A small debate flared up in a question about protected member variables regarding the use of getters/setters. There are lots of questions already over whether getters/setters are evil, however one particular argument against them, which was posed by two separate individuals with much higher reputation than myself, struck me.

One said that getters/setters made the code only 0.01% less brittle, and the other stated that adding 10 lines of code where one would do makes the code more brittle.

This goes against most of what I had previously read, been taught, thought, or experienced. Does anyone else agree/disagree with those comments?

A: 

It depends. If your getters/setters are simple and straightforward, ie you get the value and set the value and no other manipulation, I just don't see how it can make the code more brittle.

In contrast, if you are manipulating the value, say, perhaps you trim the string before setting it, or you run through a formatter before return the value, then I would say, "perhaps"... but then, this is where testcases come in to ensure they are properly tested, AND you should document it properly in Javadoc so that the callee knows the expected outcome when making the calls.

When someone use the word "brittle", it comes across my mind that if it will easily break something in the future. By just introducing getters/setters don't neccessarily make the code brittle. Perhaps, you can just use Groovy then so you don't actually see these assessor methods. :)

limc
+1  A: 

I know it is close to herecy, but I hate get/set methods. Loathe them. Almost never write them.

Generally, a class should either provide much more high-level operations than directly and simply reading and modifying internal state variables, or it should get the hell out of the way and act like the struct it is.

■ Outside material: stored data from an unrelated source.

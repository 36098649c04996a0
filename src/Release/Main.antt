-- ===== src/Release/Main.antt =====
-- `read_candidate` and `main`: from the arguments to the exit code.
use onesti_lock.Base.{
  ℕ, Bool, true, false, Result, ok, err, List, [], Option, none, some, ◌≡◌, refl, if◌then◌else◌,
}
use onesti_lock.Base.Raising as Raising
use onesti_lock.Release.{Halt, failure, stop, Candidate, World, is_sha, version_numbers}
use onesti_lock.Release.Zip.{Import, Packed}
use onesti_lock.Release.Published.{Info}
use onesti_lock.Release.Publish.{Ran, ◌>>=◌, read, Options, Outcome, run}
use onesti_lock.Release.Steps.{read_then}
use onesti_lock.Release.Retried.{run_dry}

-- What git answers for a ref: its commit, and the version in the manifest of a commit, where that is
-- a text.
pub record Git : Type 0 where
  pub rev_parse : Result Halt (List ℕ)
  pub manifest_version : List ℕ → Result Halt (Option (List ℕ))

abbrev given_sha : List ℕ → Result Halt (List ℕ)
given_sha sha = if is_sha sha then ok sha else err failure

-- `full_sha`
unfoldable pub full_sha : Git → Result Halt (List ℕ)
unfolding is_sha
full_sha g = Raising.◌>>=◌ g.rev_parse given_sha

abbrev matching : List ℕ → Option (List ℕ) → Result Halt (List ℕ)
matching version none = err failure
matching version (some numbers) = ok version

abbrev valid_version : Option (List ℕ) → Result Halt (List ℕ)
valid_version none = err failure
valid_version (some version) = matching version (version_numbers version)

-- `read_version`
unfoldable pub read_version : Git → List ℕ → Result Halt (List ℕ)
unfolding version_numbers
read_version g sha = Raising.◌>>=◌ (g.manifest_version sha) valid_version

-- `read_candidate`
unfoldable pub read_candidate : Git → List ℕ → Result Halt Candidate
unfolding full_sha read_version
read_candidate g repo = Raising.◌>>=◌ (full_sha g) (λ sha.
    Raising.◌>>=◌ (read_version g sha)
      (λ version. ok (record { repo = repo; sha = sha; version = version })))

-- The commands that run the flow; `build` only builds the ZIP.
pub data Command : Type 0 where
  plan : Bool → Command
  verify : Command
  publish : Bool → Bool → Command

-- The options of a call: `plan` and `publish` take the mark of a trial release, `publish` that of a dry
-- run too.
abbrev pub plan_only : Command → Bool
plan_only (plan trial) = true
plan_only verify = true
plan_only (publish trial dry_run) = dry_run

abbrev require_attestation : Command → Bool
require_attestation (plan trial) = false
require_attestation _ = true

abbrev is_trial : Command → Bool
is_trial (plan trial) = trial
is_trial verify = false
is_trial (publish trial dry_run) = trial

abbrev is_strict : Command → Bool
is_strict verify = true
is_strict _ = false

unfoldable pub options_of : Command → Option (List ℕ) → Options
options_of command zip_path = record {
  zip_path = zip_path;
  plan_only = plan_only command;
  require_attestation = require_attestation command;
  strict = is_strict command;
  trial = is_trial command;
}

-- The exit code; an exception that is neither ends Python with 1.
unfoldable pub exit_code : {A : Type 0} → Result Halt A → ℕ
exit_code (ok _) = 0
exit_code (err stop) = 2
exit_code (err _) = 1

module _ (parse : List ℕ → Option (List Import)) (zip : List Packed → List ℕ)
    (sha256 : List ℕ → List ℕ) (infolist : List ℕ → Result Halt (List Info)) where
  -- `main`, for the commands that run the flow.
  unfoldable pub main : World → Git → List ℕ → Command → Option (List ℕ) → Ran Outcome
  unfolding options_of read_candidate run
  main w g repo command zip_path =
      read (read_candidate g repo) >>= run parse zip sha256 infolist w (options_of command zip_path)

  -- `plan`, `verify` and a dry run of `publish` write nothing to GitHub, whatever it and git answer.
  pub main_reads_only :
      (w : World) (g : Git) (repo : List ℕ) (command : Command) (zip_path : Option (List ℕ))
      → plan_only command ≡ true
      → (main w g repo command zip_path).writes ≡ []
  unfolding main options_of
  main_reads_only w g repo command zip_path dry =
      read_then (λ (x : Ran Outcome). x.writes ≡ []) (read_candidate g repo) _ (λ e. refl)
        (λ c _. run_dry parse zip sha256 infolist w (options_of command zip_path) c dry)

Even if I were to write one, I would almost never use it inside the class. The whole point of them is that you can change the internal representation of thing without affecting a client. Inside the class, it is the internal representation you care about! If you are tempted to do a lot of operations on the class using its own interface inside the class, you probably have a second class in there fighting to get out.

T.E.D.
Just for fun, this answer is a repeat of my answer in http://stackoverflow.com/questions/2374009/calling-this-get-this-set-methods-versus-directly-accesing-member-variables-in/2374139#2374139. I'm curious what the result will be.
T.E.D.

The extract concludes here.